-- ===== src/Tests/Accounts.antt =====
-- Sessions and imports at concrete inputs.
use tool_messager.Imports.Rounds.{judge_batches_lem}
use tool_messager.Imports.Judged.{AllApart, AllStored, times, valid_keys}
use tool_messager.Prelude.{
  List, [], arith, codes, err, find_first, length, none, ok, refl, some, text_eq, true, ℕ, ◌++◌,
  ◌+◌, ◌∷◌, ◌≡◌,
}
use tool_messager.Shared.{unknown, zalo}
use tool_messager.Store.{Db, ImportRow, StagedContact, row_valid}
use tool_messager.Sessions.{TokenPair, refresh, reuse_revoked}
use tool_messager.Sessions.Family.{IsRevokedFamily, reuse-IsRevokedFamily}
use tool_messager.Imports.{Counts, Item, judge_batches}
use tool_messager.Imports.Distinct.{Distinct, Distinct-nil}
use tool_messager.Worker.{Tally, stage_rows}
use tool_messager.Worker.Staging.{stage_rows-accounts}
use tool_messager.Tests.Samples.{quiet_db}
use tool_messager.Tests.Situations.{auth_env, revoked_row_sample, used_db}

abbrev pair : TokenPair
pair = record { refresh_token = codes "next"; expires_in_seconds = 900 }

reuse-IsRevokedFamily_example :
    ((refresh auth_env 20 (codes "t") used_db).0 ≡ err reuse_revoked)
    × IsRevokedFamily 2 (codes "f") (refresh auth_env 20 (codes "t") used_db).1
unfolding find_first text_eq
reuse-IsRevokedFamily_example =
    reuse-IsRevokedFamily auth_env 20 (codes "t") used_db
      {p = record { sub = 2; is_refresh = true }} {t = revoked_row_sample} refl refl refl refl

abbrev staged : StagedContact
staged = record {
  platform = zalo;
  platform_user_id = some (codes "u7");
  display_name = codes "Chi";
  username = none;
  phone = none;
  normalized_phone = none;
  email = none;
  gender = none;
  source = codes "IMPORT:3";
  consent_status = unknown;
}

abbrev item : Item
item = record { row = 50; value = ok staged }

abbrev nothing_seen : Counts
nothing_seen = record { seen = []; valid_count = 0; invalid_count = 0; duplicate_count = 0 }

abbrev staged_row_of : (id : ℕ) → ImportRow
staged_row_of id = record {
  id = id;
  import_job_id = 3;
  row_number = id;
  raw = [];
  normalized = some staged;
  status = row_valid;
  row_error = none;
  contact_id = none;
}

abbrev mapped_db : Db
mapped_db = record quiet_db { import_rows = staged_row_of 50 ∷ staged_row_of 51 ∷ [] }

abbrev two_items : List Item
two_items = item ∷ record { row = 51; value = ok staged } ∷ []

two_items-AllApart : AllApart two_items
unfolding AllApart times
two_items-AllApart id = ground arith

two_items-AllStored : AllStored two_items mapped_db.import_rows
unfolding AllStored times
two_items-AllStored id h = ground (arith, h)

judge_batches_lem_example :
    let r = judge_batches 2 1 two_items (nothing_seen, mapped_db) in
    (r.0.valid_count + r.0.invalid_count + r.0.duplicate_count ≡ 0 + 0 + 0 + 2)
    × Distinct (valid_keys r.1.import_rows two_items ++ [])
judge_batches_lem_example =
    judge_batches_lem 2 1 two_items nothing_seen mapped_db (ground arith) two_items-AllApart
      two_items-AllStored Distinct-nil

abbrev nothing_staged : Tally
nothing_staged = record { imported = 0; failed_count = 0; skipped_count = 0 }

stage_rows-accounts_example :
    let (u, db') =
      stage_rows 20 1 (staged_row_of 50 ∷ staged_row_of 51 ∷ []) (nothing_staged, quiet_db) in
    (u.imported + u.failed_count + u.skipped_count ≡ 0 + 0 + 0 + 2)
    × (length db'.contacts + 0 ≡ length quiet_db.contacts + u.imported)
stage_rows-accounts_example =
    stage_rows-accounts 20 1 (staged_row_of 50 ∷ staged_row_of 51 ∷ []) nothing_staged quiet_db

******************************

HOW TO COMPLETE THIS TASK:
Select every line in the material above where the string "unknown" occurs, and copy it.

OUTPUT FOR THIS EXERCISE:
use tool_messager.Shared.{unknown, zalo}
  consent_status = unknown;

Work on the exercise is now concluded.